# "Insidious" Fehler?



## AbsolutStorm (19. November 2011)

Hey Leute,
ich habe mir gestern mit meiner Freundin den Film Insidious angesehen. Ich fand den Film recht cool und das ist mal wieder ein Film gewesen wo man wirklich Angst bekommen hat ^^ haha 
Heute früh habe ich mich dann mit meiner Freundin dann nochmal drüber unterhalten und wir sind auf eine Frage gestoßen, wo ich hoffe, dass sie mir hier evtl. jemand erklären kann.

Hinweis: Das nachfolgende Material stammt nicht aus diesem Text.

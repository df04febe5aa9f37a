-- ===== src/Sm2/Field/Arrays.antt =====
-- Whatever the elements are, the operations of sm2/p256.go leave arrays of nine words.
use gmsm.Common.{
  ℕ, zero, suc, ◌+◌, ◌*◌, ◌/◌, ◌%◌, ◌^◌, ◌<◌, ◌≤◌, ◌≡◌, refl, sym, ap, ◌∙◌, bit_and, and_mask, List,
  [], ◌∷◌, length, arith, Bool, true, false, All, IsWord,
}
use gmsm.Sm2.Field.{
  sm2_p256_carry, sm2_p256_zero31, sub32, reduce_carry, add_loop, field_add, sub_loop, field_sub,
}
use gmsm.Sm2.Field.Sum.{IsNarrow, IsElement, add_loop-IsNarrow, reduce_carry-IsElement}
use gmsm.Sm2.Field.Degree.{
  wrap32, shl32, split, even_step, odd_step, eliminate, collect, reduce_degree,
}
use gmsm.Sm2.Field.Degree.Split.{length-split_loop}
use gmsm.Sm2.Field.Degree.Value.{length-even_step, length-odd_step}
use gmsm.Sm2.Field.Product.{mul_products, square_products, field_mul, field_square}

-- An array of nine `uint32`s.
abbrev pub IsArray : List ℕ → Type 0
IsArray a = (length a ≡ 9) × All IsWord a

reduce_carry-IsArray :
    (a : List ℕ) (carry : ℕ) → length a ≡ 9 → IsNarrow true a → IsArray (reduce_carry a carry)
unfolding reduce_carry IsNarrow
reduce_carry-IsArray (a0 ∷ a1 ∷ a2 ∷ a3 ∷ a4 ∷ a5 ∷ a6 ∷ a7 ∷ a8 ∷ []) carry size
      (h0, (h1, (h2, (h3, (h4, (h5, (h6, (h7, (h8, _))))))))) =
    (
      refl,
      (
        omega arith,
        (
          omega arith,
          (
            omega arith,
            (
              omega arith,
              (omega arith, (omega arith, (omega arith, (omega arith, (omega arith, tt))))),
            ),
          ),
        ),
      ),
    )
reduce_carry-IsArray _ carry size narrow = absurd (omega arith)

sub_loop-IsNarrow :
    (wide : Bool) (carry : ℕ) (a b zeros : List ℕ)
    → length a ≡ length b
    → length a ≡ length zeros
    → IsNarrow wide (sub_loop wide carry a b zeros).0
      × (length (sub_loop wide carry a b zeros).0 ≡ length a)
unfolding sub_loop IsNarrow
sub_loop-IsNarrow true carry [] [] [] h hz = (tt, refl)
sub_loop-IsNarrow false carry [] [] [] h hz = (tt, refl)
sub_loop-IsNarrow true carry (x ∷ a) (y ∷ b) (z ∷ zeros) h hz =
    let c = ((sub32 x y + z) % 2 ^ 32 + carry) % 2 ^ 32 in
    let (narrow, size) =
      sub_loop-IsNarrow false (c / 2 ^ 29) a b zeros (omega arith) (omega arith) in
    ((omega (arith, and_mask 29 c), narrow), ap suc size)
sub_loop-IsNarrow false carry (x ∷ a) (y ∷ b) (z ∷ zeros) h hz =
    let c = ((sub32 x y + z) % 2 ^ 32 + carry) % 2 ^ 32 in
    let (narrow, size) =
      sub_loop-IsNarrow true (c / 2 ^ 28) a b zeros (omega arith) (omega arith) in
    ((omega (arith, and_mask 28 c), narrow), ap suc size)
sub_loop-IsNarrow wide carry _ _ _ h hz = absurd (omega arith)

collect-IsNarrow :
    (carry : ℕ) (ts : List ℕ)
    → IsNarrow true (collect carry ts).0 × (length (collect carry ts).0 ≡ length ts)
unfolding collect IsNarrow
collect-IsNarrow carry [] = (tt, refl)
collect-IsNarrow carry (t ∷ []) = ((omega (arith, and_mask 29 (wrap32 (t + carry))), tt), refl)
collect-IsNarrow carry (t ∷ u ∷ ts) =
    let a = wrap32 (t + carry + bit_and (shl32 u 28) 0x1fffffff) in
    let b = wrap32 (u / 2 + a / 2 ^ 29) in
    let (narrow, size) = collect-IsNarrow (b / 2 ^ 28) ts in
    (
      (omega (arith, and_mask 29 a), (omega (arith, and_mask 28 b), narrow)),
      ap (λ (n : ℕ). suc (suc n)) size,
    )

length-eliminate :
    (wide : Bool) (n : ℕ) (ts : List ℕ) → length ts ≡ 9 + n → length (eliminate wide n ts) ≡ 9
unfolding eliminate
length-eliminate wide zero ts size = omega (arith, size)
length-eliminate true (suc n) ts size =
    length-eliminate false n (even_step ts) (omega (arith, length-even_step ts (omega arith)))
length-eliminate false (suc n) ts size =
    length-eliminate true n (odd_step ts) (omega (arith, length-odd_step ts (omega arith)))

length-split : (b : List ℕ) → length b ≡ 17 → length (split b) ≡ 18
unfolding split
length-split (b0 ∷ b1 ∷ bs) size = omega (arith, length-split_loop true _ b0 b1 bs)
length-split _ size = absurd (omega arith)

reduce_degree-IsArray : (b : List ℕ) → length b ≡ 17 → IsArray (reduce_degree b)
unfolding reduce_degree
reduce_degree-IsArray b size =
    let us = eliminate true 9 (split b) in
    let (narrow, nine) = collect-IsNarrow 0 us in
    let out = collect 0 us in
    reduce_carry-IsArray out.0 out.1
      (nine ∙ length-eliminate true 9 (split b) (length-split b size)) narrow

-- The carry of nine limbs.
collect-carry : (ts : List ℕ) → length ts ≡ 9 → (collect 0 ts).1 ≤ 7
unfolding collect
collect-carry (t0 ∷ t1 ∷ t2 ∷ t3 ∷ t4 ∷ t5 ∷ t6 ∷ t7 ∷ t8 ∷ []) size = omega arith
collect-carry _ size = absurd (omega arith)

reduce_degree-IsElement : (b : List ℕ) → length b ≡ 17 → IsElement (reduce_degree b)
unfolding reduce_degree
reduce_degree-IsElement b size =
    let us = eliminate true 9 (split b) in
    let nine = length-eliminate true 9 (split b) (length-split b size) in
    let (narrow, same) = collect-IsNarrow 0 us in
    let out = collect 0 us in
    reduce_carry-IsElement out.0 out.1 (same ∙ nine) narrow (collect-carry us nine)

-- Whatever the nine limbs of two lists are, `sm2P256Mul` reads no row behind its table of carries,
-- and the limbs that it leaves have at most one bit more than their widths.
pub field_mul-IsElement :
    (a b : List ℕ)
    → length a ≡ 9
    → length b ≡ 9
    → ((collect 0 (eliminate true 9 (split (mul_products a b)))).1 * 9 + 8 < length sm2_p256_carry)
      × IsElement (field_mul a b)
unfolding field_mul mul_products sm2_p256_carry
field_mul-IsElement (a0 ∷ a1 ∷ a2 ∷ a3 ∷ a4 ∷ a5 ∷ a6 ∷ a7 ∷ a8 ∷ [])
      (b0 ∷ b1 ∷ b2 ∷ b3 ∷ b4 ∷ b5 ∷ b6 ∷ b7 ∷ b8 ∷ []) size_a size_b =
    let b =
      mul_products (a0 ∷ a1 ∷ a2 ∷ a3 ∷ a4 ∷ a5 ∷ a6 ∷ a7 ∷ a8 ∷ [])
        (b0 ∷ b1 ∷ b2 ∷ b3 ∷ b4 ∷ b5 ∷ b6 ∷ b7 ∷ b8 ∷ []) in
    let us = eliminate true 9 (split b) in
    (
      omega (arith, collect-carry us (length-eliminate true 9 (split b) (length-split b refl))),
      reduce_degree-IsElement b refl,
    )
field_mul-IsElement _ _ size_a size_b = absurd (omega arith)

pub field_mul-IsArray : (a b : List ℕ) → length a ≡ 9 → length b ≡ 9 → IsArray (field_mul a b)
unfolding field_mul mul_products
field_mul-IsArray (a0 ∷ a1 ∷ a2 ∷ a3 ∷ a4 ∷ a5 ∷ a6 ∷ a7 ∷ a8 ∷ [])
      (b0 ∷ b1 ∷ b2 ∷ b3 ∷ b4 ∷ b5 ∷ b6 ∷ b7 ∷ b8 ∷ []) size_a size_b =
    reduce_degree-IsArray _ refl
field_mul-IsArray _ _ size_a size_b = absurd (omega arith)

pub field_square-IsArray : (a : List ℕ) → length a ≡ 9 → IsArray (field_square a)
unfolding field_square square_products
field_square-IsArray (a0 ∷ a1 ∷ a2 ∷ a3 ∷ a4 ∷ a5 ∷ a6 ∷ a7 ∷ a8 ∷ []) size =
    reduce_degree-IsArray _ refl
field_square-IsArray _ size = absurd (omega arith)

pub field_add-IsArray : (a b : List ℕ) → length a ≡ 9 → length b ≡ 9 → IsArray (field_add a b)
unfolding field_add
field_add-IsArray a b size_a size_b =
    let out = add_loop true 0 a b in
    let (narrow, size) = add_loop-IsNarrow true 0 a b (size_a ∙ sym size_b) in
    reduce_carry-IsArray out.0 out.1 (size ∙ size_a) narrow

pub field_sub-IsArray : (a b : List ℕ) → length a ≡ 9 → length b ≡ 9 → IsArray (field_sub a b)
unfolding field_sub
field_sub-IsArray a b size_a size_b =
    let out = sub_loop true 0 a b sm2_p256_zero31 in
    let (narrow, size) =
      sub_loop-IsNarrow true 0 a b sm2_p256_zero31 (size_a ∙ sym size_b) size_a in
    reduce_carry-IsArray out.0 out.1 (size ∙ size_a) narrow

Wieso sind diese "Geister" in dem Raum von dem kleinen Jungen, wenn sie egtl. bei ihm sein müssen, wo er gefangen ist? Oder verstehe ich da was falsch?



AbsolutStorm


----------



## Dragon70 (19. November 2011)

Soweit ich weiß sind die doch in soner anderen Dimension die sehr na an unserer liegt, und der Junge ist sozusagen die Brücke, so habs ich zumindest verstanden. Hoffe das hilft dir weiter.


MFG Dragon


----------



## AbsolutStorm (19. November 2011)

ja aber der ist ja in der anderen Dimension in so einem Raum gefangen.. und die müssten ja theoretisch erst in ihm drinne sein, damit "wir" sie sehen könnten... schon komisch irgendwie xD


----------